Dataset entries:
-- ===== src/Backup/Id/Tests.antt =====
-- The identifier of the program's own test, printed and parsed with a concrete codec.
use prose_pod_server.Common.{
  ℕ, ◌+◌, ◌-◌, ◌*◌, ◌/◌, ◌%◌, ◌<◌, ◌≡◌, ◌≢◌, refl, ap, true, false, some, [], ◌∷◌, ◌++◌, Text, text,
  ltb, ◌==◌, if◌then◌else◌, arith, inr, has_byte, replace, join,
}
use prose_pod_server.Common.Int.{ℤ, pos}
use prose_pod_server.Backup.Id.{
  External, BackupId, urlencode_component, display, parse, is_displayable, slash, decimal,
  decimal_onto, format_010,
}
use prose_pod_server.Backup.Id.Url.{
  UrlLaws, is_unreserved, percent, hex, has_byte-urlencode_component,
}
use prose_pod_server.Backup.Id.RoundTrip.{IsWellFormed, parse-display}

abbrev encode_all : Text → Text
encode_all [] = []
encode_all (c ∷ s) = (if is_unreserved c then c ∷ [] else percent c) ++ encode_all s

abbrev unhex : ℕ → ℕ
unhex c = if ltb c 58 then c - 48 else c - 55

data Mode : Type 0 where
  plain after_percent : Mode
  after_high : ℕ → Mode

unescape_in : Mode → Text → Text
unescape_in m [] = []
unescape_in plain (c ∷ s) =
    if c == b'%' then unescape_in after_percent s else c ∷ unescape_in plain s
unescape_in after_percent (c ∷ s) = unescape_in (after_high c) s
unescape_in (after_high h) (c ∷ s) = (unhex h * 16 + unhex c) ∷ unescape_in plain s

abbrev codec : External
codec = record {
  encode = encode_all;
  decode = λ s. some (unescape_in plain s);
  Time = ℤ;
  unix_timestamp = λ t. t;
  from_unix_timestamp = λ n. some n;
}

unescape-other : (c : ℕ) (s : Text) → c ≢ b'%' → unescape_in plain (c ∷ s) ≡ c ∷ unescape_in plain s
unfolding unescape_in
unescape-other c s h = ground arith

unhex-hex : (d : ℕ) → d < 16 → unhex (hex d) ≡ d
unhex-hex d h = ground arith

unescape-coded :
    (c : ℕ) (s : Text) → c < 256 → unescape_in plain (percent c ++ s) ≡ c ∷ unescape_in plain s
unfolding unescape_in
unescape-coded c s h =
    rw (unhex-hex (c / 16) (omega arith), unhex-hex (c % 16) (omega arith))
      (ap (λ d. d ∷ unescape_in plain s) (omega arith))

codec-laws : UrlLaws codec
unfolding unescape_in
codec-laws = record {
  unescape = unescape_in plain;
  is_utf8 = λ s. true;
  encode-nil = refl;
  encode-cons = λ c s. refl;
  unescape-nil = refl;
  unescape-cons = unescape-other;
  unescape-percent = unescape-coded;
  decode_lem = λ s. refl;
}

abbrev automatic : BackupId ℤ
automatic = record {
  prefix = text "prose-backup";
  created_at = pos 1772432392;
  description = text "Automatic backup";
  extensions = text "tar" ∷ text "zst" ∷ text "pgp" ∷ [];
}

display-automatic :
    display codec automatic ≡ some (text "prose%2Dbackup-1772432392-Automatic%20backup.tar.zst.pgp")
unfolding display is_displayable urlencode_component format_010 decimal decimal_onto replace join
display-automatic = refl

automatic-IsWellFormed : IsWellFormed codec codec-laws automatic
unfolding codec-laws
automatic-IsWellFormed = record {
  prefix_bytes = omega arith;
  prefix_utf8 = refl;
  description_bytes = omega arith;
  description_utf8 = refl;
  has_extension = λ e. cc;
  no_dot = (refl, (refl, (refl, tt)));
}

parse-display_example :
    (s : Text) × (display codec automatic ≡ some s) × (parse codec s ≡ some automatic)
unfolding is_displayable
parse-display_example =
    parse-display codec codec-laws automatic 1772432392 (pos 1772432392) automatic-IsWellFormed refl
      refl refl

has_byte-urlencode_component_test :
    has_byte slash (urlencode_component codec (text "../etc")) ≡ false
has_byte-urlencode_component_test =
    has_byte-urlencode_component codec codec-laws slash (text "../etc") (inr (inr refl))
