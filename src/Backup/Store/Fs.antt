-- ===== src/Backup/Store/Fs.antt =====
-- Backups in a directory: `FsStore` (api/crates/backup/src/stores/fs.rs). The directory is the
-- list of its entries in the order in which `read_dir` gives them; a name holds no slash, so that
-- `directory.join(name)` is an entry.
pub mod Mode
pub mod Names
pub mod Deletion
pub mod Listing
mod Tests
use Prim.Native.Nat.{bit_and}
use prose_pod_server.Common.{
  ℕ, ◌+◌, Bool, true, false, not, ◌&&◌, Option, none, some, List, [], ◌∷◌, ◌++◌, Text, text, same,
  length, ◌==◌, if◌then◌else◌, starts_with, lt_text,
}
use prose_pod_server.Backup.Store.{
  ObjectMetadata, DeletedState, BulkDeleteOutput, ReadObjectError, object_not_found, other, Result,
  ok, err, panicked, ◌>>=◌,
}

-- `unreadable` is an error of the iterator, `not_unicode` an entry whose name is not Unicode, on which
-- the loops panic.
pub data Entry : Type 0 where
  file : Text → Text → Entry
  unreadable : Entry
  not_unicode : Entry

-- `listable` is the success of `read_dir`, `writable` that of opening a file to write it where the name
-- is free or may be overwritten, and of the writes to it, `removable` that of `remove_file`, `openable` that of
-- opening a file that is there, `statable` that of reading its metadata.
pub record Directory : Type 0 where
  pub entries : List Entry
  pub listable : Bool
  pub writable : Text → Bool
  pub removable : Text → Bool
  pub openable : Text → Bool
  pub statable : Text → Bool

pub record FsStore : Type 0 where
  pub overwrite : Bool
  pub mode : ℕ

pub data ModeResult : Type 0 where
  mode_ok mode_warn mode_err : ModeResult

unfoldable pub validate_mode : ℕ → ℕ → ModeResult
validate_mode mode min_permissions =
    if mode == min_permissions
    then mode_ok
    else if not (bit_and mode 0o117 == 0)
    then mode_err
    else if not (bit_and mode min_permissions == min_permissions)
    then mode_err
    else mode_warn

abbrev pub IoResult : Type 0 → Type 0
IoResult A = Result (Unit {0}) A

-- `FsStore::try_from_config`
unfoldable pub try_from_config : Bool → ℕ → ℕ → IoResult FsStore
try_from_config overwrite mode min_permissions = elim (validate_mode mode min_permissions) [
  | mode_ok ↦ ok (record { overwrite = overwrite; mode = mode })
  | mode_warn ↦ ok (record { overwrite = overwrite; mode = mode })
  | mode_err ↦ err tt
]

abbrev pub is_named : Text → Entry → Bool
is_named name (file n c) = same n name
is_named name unreadable = false
is_named name not_unicode = false

unfoldable pub contents : Text → List Entry → Option Text
contents name [] = none
contents name (file n c ∷ es) = if same n name then some c else contents name es
contents name (unreadable ∷ es) = contents name es
contents name (not_unicode ∷ es) = contents name es

unfoldable pub is_present : Text → List Entry → Bool
is_present name [] = false
is_present name (e ∷ es) = if is_named name e then true else is_present name es

-- The entries without a name.
unfoldable pub unlink : Text → List Entry → List Entry
unlink name [] = []
unlink name (e ∷ es) = if is_named name e then unlink name es else e ∷ unlink name es

-- `FsStore::writer`, then all of `data` written and the file closed.
unfoldable pub write : FsStore → Text → Text → Directory → IoResult Directory
write s name bytes d =
    if starts_with name (text "/")
    then panicked
    else if not (bit_and s.mode 0o117 == 0)
    then panicked
    else if is_present name d.entries && not s.overwrite
    then err tt
    else if not (d.writable name)
    then err tt
    else ok (record d { entries = unlink name d.entries ++ file name bytes ∷ [] })

-- `FsStore::reader`, read to its end.
unfoldable pub reader : Directory → Text → Result ReadObjectError Text
reader d name = if starts_with name (text "/") then panicked else elim (contents name d.entries) [
  | none ↦ err object_not_found
  | some c ↦ if d.openable name then ok c else err other
]

unfoldable pub exists : Directory → Text → Bool
exists d name = is_present name d.entries

-- The loop of `find` and `list_all_after`, over the test of the name.
unfoldable pub collect : (Text → Bool) → (Text → Bool) → List Entry → IoResult (List ObjectMetadata)
collect statable test [] = ok []
collect statable test (file n c ∷ es) =
    let rest = collect statable test es in
    if statable n
    then (do
      results ← rest
      ok (if test n then record { file_name = n; size_bytes = length c } ∷ results else results))
    else err tt
collect statable test (unreadable ∷ es) = collect statable test es
collect statable test (not_unicode ∷ es) = panicked

unfoldable pub insert : ObjectMetadata → List ObjectMetadata → List ObjectMetadata
insert m [] = m ∷ []
insert m (x ∷ xs) = if lt_text x.file_name m.file_name then x ∷ insert m xs else m ∷ x ∷ xs

-- `sort_unstable_by` on the names, which differ within a directory.
unfoldable pub sort : List ObjectMetadata → List ObjectMetadata
sort [] = []
sort (m ∷ ms) = insert m (sort ms)

unfoldable pub listing : (Text → Bool) → Directory → IoResult (List ObjectMetadata)
listing test d =
    if d.listable
    then (do results ← collect d.statable test d.entries; ok (sort results))
    else err tt

unfoldable pub find : Directory → Text → IoResult (List ObjectMetadata)
find d prefix = listing (λ n. starts_with n prefix) d

unfoldable pub list_all_after : Directory → Text → IoResult (List ObjectMetadata)
list_all_after d prefix = listing (λ n. lt_text prefix n) d

unfoldable pub metadata : Directory → Text → Result ReadObjectError ObjectMetadata
metadata d name = elim (contents name d.entries) [
  | none ↦ err object_not_found
  | some c ↦
      if d.statable name
      then ok (record { file_name = name; size_bytes = length c })
      else err object_not_found
]

-- The state goes on beside the result.
unfoldable pub delete : Directory → Text → IoResult DeletedState × Directory
delete d name =
    if is_present name d.entries && d.removable name
    then (ok DeletedState.deleted, record d { entries = unlink name d.entries })
    else (err tt, d)

abbrev add_deleted : Text → BulkDeleteOutput → BulkDeleteOutput
add_deleted n o = record o { deleted = o.deleted ++ n ∷ [] }

abbrev add_error : BulkDeleteOutput → BulkDeleteOutput
add_error o = record o { errors = o.errors + 1 }

abbrev report : Text → IoResult DeletedState → BulkDeleteOutput → BulkDeleteOutput
report n (ok _) o = add_deleted n o
report n (err _) o = add_error o
report n panicked o = o

-- One round of the loop of `delete_all`; a panic ends the loop.
unfoldable pub delete_entry :
    Text → Entry → BulkDeleteOutput × Directory → IoResult BulkDeleteOutput × Directory
delete_entry prefix (file n c) (o, d) =
    if lt_text prefix n then (let (r, d') = delete d n in (ok (report n r o), d')) else (ok o, d)
delete_entry prefix unreadable (o, d) = (ok (add_error o), d)
delete_entry prefix not_unicode (o, d) = (panicked, d)

abbrev pub then_entries :
    IoResult BulkDeleteOutput × Directory
    → (BulkDeleteOutput × Directory → IoResult BulkDeleteOutput × Directory)
    → IoResult BulkDeleteOutput × Directory
then_entries (ok o, d) rest = rest (o, d)
then_entries (err e, d) rest = (err e, d)
then_entries (panicked, d) rest = (panicked, d)

-- The loop, over the entries that `read_dir` has read.
unfoldable pub delete_entries :
    Text → List Entry → BulkDeleteOutput × Directory → IoResult BulkDeleteOutput × Directory
delete_entries prefix [] (o, d) = (ok o, d)
delete_entries prefix (e ∷ es) s = then_entries (delete_entry prefix e s) (delete_entries prefix es)

abbrev pub no_output : BulkDeleteOutput
no_output = record { deleted = []; marked_for_deletion = []; errors = 0 }

unfoldable pub delete_all : Directory → Text → IoResult BulkDeleteOutput × Directory
delete_all d prefix =
    if d.listable then delete_entries prefix d.entries (no_output, d) else (err tt, d)
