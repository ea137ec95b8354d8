-- ===== src/Lib.antt =====
-- The firmware of the ESP32 Wi-Fi sniffer (Esp32Sniffer): frames that the radio receives are filtered,
-- made into pcap records with a radiotap header, queued, and sent to a client; and the sniffer of
-- ArduinoWifiSniffer, which shares no code with it but the reading of hexadecimal digits.
--
-- Parts and files, with paths from the repository's root:
--   Prelude            shared names: lists, tests, two's-complement integers, bits, byte arrays; Results
--                      is what a C function that changes state can do (return, abort, undefined
--                      behaviour), Keeps and Triples carry invariants and conditions through such functions
--   Capture            Esp32Sniffer/components/wifi_sniffer/capture_lib.c and include/capture_lib.h
--     Capture.Hex      hex_to_byte_array
--     Capture.Wire     the packed structures as octets
--     Capture.Reader   a reader of pcap and radiotap, written from the published formats
--     Capture.Stream, Radiotap   what that reader gets from what is sent
--   Nvs                Esp32Sniffer/components/nvs_lib/nvs_lib.c, over the flash of ESP-IDF
--     Nvs.Api          the functions of nvs.h as a record of unknown functions, and what is documented
--     Nvs.Num, Array, Text, Parse, Flash, Format, Entries   the functions of nvs_lib.c
--     Nvs.Memory       a flash in memory, with the documented behaviour
--   Sniffer            Esp32Sniffer/components/wifi_sniffer/wifi_sniffer.c and include/wifi_sniffer.h
--     Sniffer.Settings wifi_sniffer_nvs.c, the filters in flash
--     Sniffer.Frames   the 802.11 headers and their bit fields
--     Sniffer.Filter   which addresses of a frame are compared with what
--     Sniffer.State    the static variables as one record; Kernel is what FreeRTOS, the event loop and
--                      the driver answer to one operation
--     Sniffer.Control  the setters, the queue, the channels, the tasks, sniffer_init_config
--     Sniffer.Handler  wifi_sniffer_packet_handler
--     Sniffer.Display  what is told of a packet; the colours of Esp32Sniffer/main/main.c
--     Sniffer.Console  console_sniffer_cmd.c, the filter command
--     Sniffer.Steps    these operations in any order, from the initial values on
--   Wifi               Esp32Sniffer/components/wifi_lib
--     Wifi.Settings    wifi_lib_nvs.c: mode, names and passwords, channel
--     Wifi.Address     wifi_lib_nvs.c: static address and name servers
--     Wifi.Driver      the state of wifi_lib.c, the calls of ESP-IDF that it makes, and Driver, which
--                      is what ESP-IDF answers to them
--     Wifi.Events      wifi_lib.c: its event loop, wifi_event_handler and ip_event_handler
--     Wifi.Connection  wifi_lib.c: the interface, wifi_soft_ap, wifi_set_sta, the waits for an event
--     Wifi.Modes       wifi_lib.c: wifi_ap, wifi_sta, wifi_set_mode, wifi_conf_static_ip, wifi_init;
--                      config_wifi_init of Esp32Sniffer/main/main.c
--     Wifi.Status      wifi_lib.c: wifi_lib_get_curr_config
--     Wifi.Console     console_wifi_set_ap_cmd.c, console_wifi_set_sta_cmd.c, console_wifi_set_ip_cmd.c
--   App                the connection handlers of Esp32Sniffer/main/main.c, and onSend and
--                      disconnect_socket of Esp32Sniffer/components/tcp_server/tcp_server.c
--     App.Server       tcp_server.c: tcp_server_task
--     App.Task         sniffer_task of wifi_sniffer.c with the callbacks of main.c, and the channel
--                      that it implements together with the queue
--     App.Task.Session a whole session, from the start of the task to the client's reader
--     App.Button       main.c: the button
--   Led                Esp32Sniffer/components/led_lib: led_common.c over led_gpio.c or led_rmt.c
--   Console            Esp32Sniffer/components/console_lib, and what the commands register
--   Main               Esp32Sniffer/main/main.c: setup, and the handlers of the events
--     Main.Run         the whole device: its start, and then commands, packets, clients, rounds of the
--                      task, clicks and events in any order
--   Serial             Esp32Sniffer/components/serial_lib/serial_lib.c
--   Arduino            ArduinoWifiSniffer/src/main.cpp and lib/Sniffer/Sniffer.h: an earlier sniffer, which
--                      writes its stream to the serial port; Arduino.Commands is its read and its loop
--   Tests              runs on concrete inputs
--
-- The parts meet as in the code: the packet handler asks Filter, makes a record with Capture and puts
-- it in the queue of Control; the sniffing task takes records out and hands them to the callbacks of
-- Capture, which send them to the client that the accept loop of the server handed over; the setters
-- of Control store their filters through Settings and Nvs. The Wi-Fi commands and the start call Modes,
-- which reads and stores its settings through Wifi.Settings, Wifi.Address and Nvs. Main puts the parts
-- together over one flash: its events run an operation of one part, with the flash as the others left it.
--
-- Bounds: a field of w bits keeps its wrap-around. Out-of-range reads and writes are values (none, or
-- fault in an operation), so a theorem that names a result says that there is none. The reader of a
-- stream runs on the length of its input, and each record takes at least one octet; the loop over the
-- entries in flash has its number of rounds as an argument; every other loop is recursive in what it
-- counts. CONFIG_SNIFFER_SNAP_LEN, the queue size and the width of the driver's sig_len come from files
-- that the build makes, and are parameters.
--
-- Not modelled: logging, and the calls of ESP-IDF, FreeRTOS, lwIP, argtable and stdlib.h themselves,
-- which are parameters: Nvs.Parse.Laws.IsStdlib is what C says of strtol and its like. The display of
-- CONFIG_USE_LCD and the drivers of the displays, the tables of arguments that the commands hand to
-- argtable, sniffer_to_string, and led_mock.c, which only logs, are not modelled. Two operations
-- never overlap, but for a wait for a Wi-Fi event, during which the events that arrive are handled:
-- otherwise each runs to its end before the next.
pub mod Prelude
pub mod Capture
pub mod Nvs
pub mod Sniffer
pub mod Wifi
pub mod Led
pub mod Console
pub mod App
pub mod Main
pub mod Serial
pub mod Arduino
pub mod Tests
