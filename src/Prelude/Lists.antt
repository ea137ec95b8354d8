-- ===== src/Prelude/Lists.antt =====
-- Lists measured by native numbers, under the library's names.
use Prim.Native.Nat.{ℕ, zero, suc, ◌+◌, ◌-◌, ◌≤◌}
use mathlib.Core.Path.{◌≡◌, refl, ap, ◌∙◌}
use mathlib.Core.List.{List, [], ◌∷◌, ◌++◌}
use mathlib.Core.Option.{Option, none, some}
use native.Mathlib.Omega.{arith}

module _ {ℓ} {A : Type ℓ} where
  abbrev pub length : List A → ℕ
  length [] = 0
  length (_ ∷ l) = suc (length l)

  abbrev pub get_elem? : List A → ℕ → Option A
  get_elem? [] _ = none
  get_elem? (a ∷ _) zero = some a
  get_elem? (_ ∷ l) (suc i) = get_elem? l i

  abbrev pub take : ℕ → List A → List A
  take zero _ = []
  take (suc n) [] = []
  take (suc n) (a ∷ l) = a ∷ take n l

  abbrev pub drop : ℕ → List A → List A
  drop zero l = l
  drop (suc n) [] = []
  drop (suc n) (_ ∷ l) = drop n l

  abbrev pub replicate : ℕ → A → List A
  replicate zero a = []
  replicate (suc n) a = a ∷ replicate n a

module _ {ℓ} {A : Type ℓ} where
  pub length-append : (l m : List A) → length (l ++ m) ≡ length l + length m
  length-append [] m = omega arith
  length-append (_ ∷ l) m = omega (arith, length-append l m)

  pub length-replicate : (n : ℕ) (a : A) → length (replicate n a) ≡ n
  length-replicate zero a = refl
  length-replicate (suc n) a = ap suc (length-replicate n a)

  pub length-take : (n : ℕ) (l : List A) → n ≤ length l → length (take n l) ≡ n
  length-take zero l h = refl
  length-take (suc n) [] h = absurd (omega arith)
  length-take (suc n) (_ ∷ l) h = omega (arith, length-take n l (omega arith))

  pub length-drop : (n : ℕ) (l : List A) → length (drop n l) ≡ length l - n
  length-drop zero l = omega arith
  length-drop (suc n) [] = omega arith
  length-drop (suc n) (_ ∷ l) = omega (arith, length-drop n l)

  pub take-append : (l m : List A) → take (length l) (l ++ m) ≡ l
  take-append [] m = refl
  take-append (a ∷ l) m = ap (λ t. a ∷ t) (take-append l m)

  pub drop-append : (l m : List A) → drop (length l) (l ++ m) ≡ m
  drop-append [] m = refl
  drop-append (_ ∷ l) m = drop-append l m

  pub take-all : (n : ℕ) (l : List A) → length l ≤ n → take n l ≡ l
  take-all zero [] h = refl
  take-all zero (_ ∷ l) h = absurd (omega arith)
  take-all (suc n) [] h = refl
  take-all (suc n) (a ∷ l) h = ap (λ t. a ∷ t) (take-all n l (omega arith))

  pub take-take_le : (n m : ℕ) (l : List A) → n ≤ m → take n (take m l) ≡ take n l
  take-take_le zero m l h = refl
  take-take_le (suc n) zero l h = absurd (omega arith)
  take-take_le (suc n) (suc m) [] h = refl
  take-take_le (suc n) (suc m) (a ∷ l) h = ap (λ t. a ∷ t) (take-take_le n m l (omega arith))

  pub take-append_le : (n : ℕ) (l m : List A) → n ≤ length l → take n (l ++ m) ≡ take n l
  take-append_le zero l m h = refl
  take-append_le (suc n) [] m h = absurd (omega arith)
  take-append_le (suc n) (a ∷ l) m h = ap (λ t. a ∷ t) (take-append_le n l m (omega arith))

  pub get_elem?-append : (l m : List A) (k : ℕ) → get_elem? (l ++ m) (length l + k) ≡ get_elem? m k
  get_elem?-append [] m k = ap (get_elem? m) (omega arith)
  get_elem?-append (a ∷ l) m k =
      (λ i. get_elem? (a ∷ (l ++ m)) (suc_add i)) ∙ get_elem?-append l m k
    where
      suc_add : suc (length l) + k ≡ suc (length l + k)
      suc_add = omega arith

  pub take-append_add : (l m : List A) (k : ℕ) → take (length l + k) (l ++ m) ≡ l ++ take k m
  take-append_add [] m k = ap (λ i. take i m) (omega arith)
  take-append_add (a ∷ l) m k =
      (λ i. take (count_suc i) (a ∷ (l ++ m))) ∙ ap (λ t. a ∷ t) (take-append_add l m k)
    where
      count_suc : suc (length l) + k ≡ suc (length l + k)
      count_suc = omega arith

# TASK PROMPT
If a line above holds the word "openable", copy it.

# WRITTEN ANSWER
-- is free or may be overwritten, and of the writes to it, `removable` that of `remove_file`, `openable` that of
  pub openable : Text → Bool
  | some c ↦ if d.openable name then ok c else err other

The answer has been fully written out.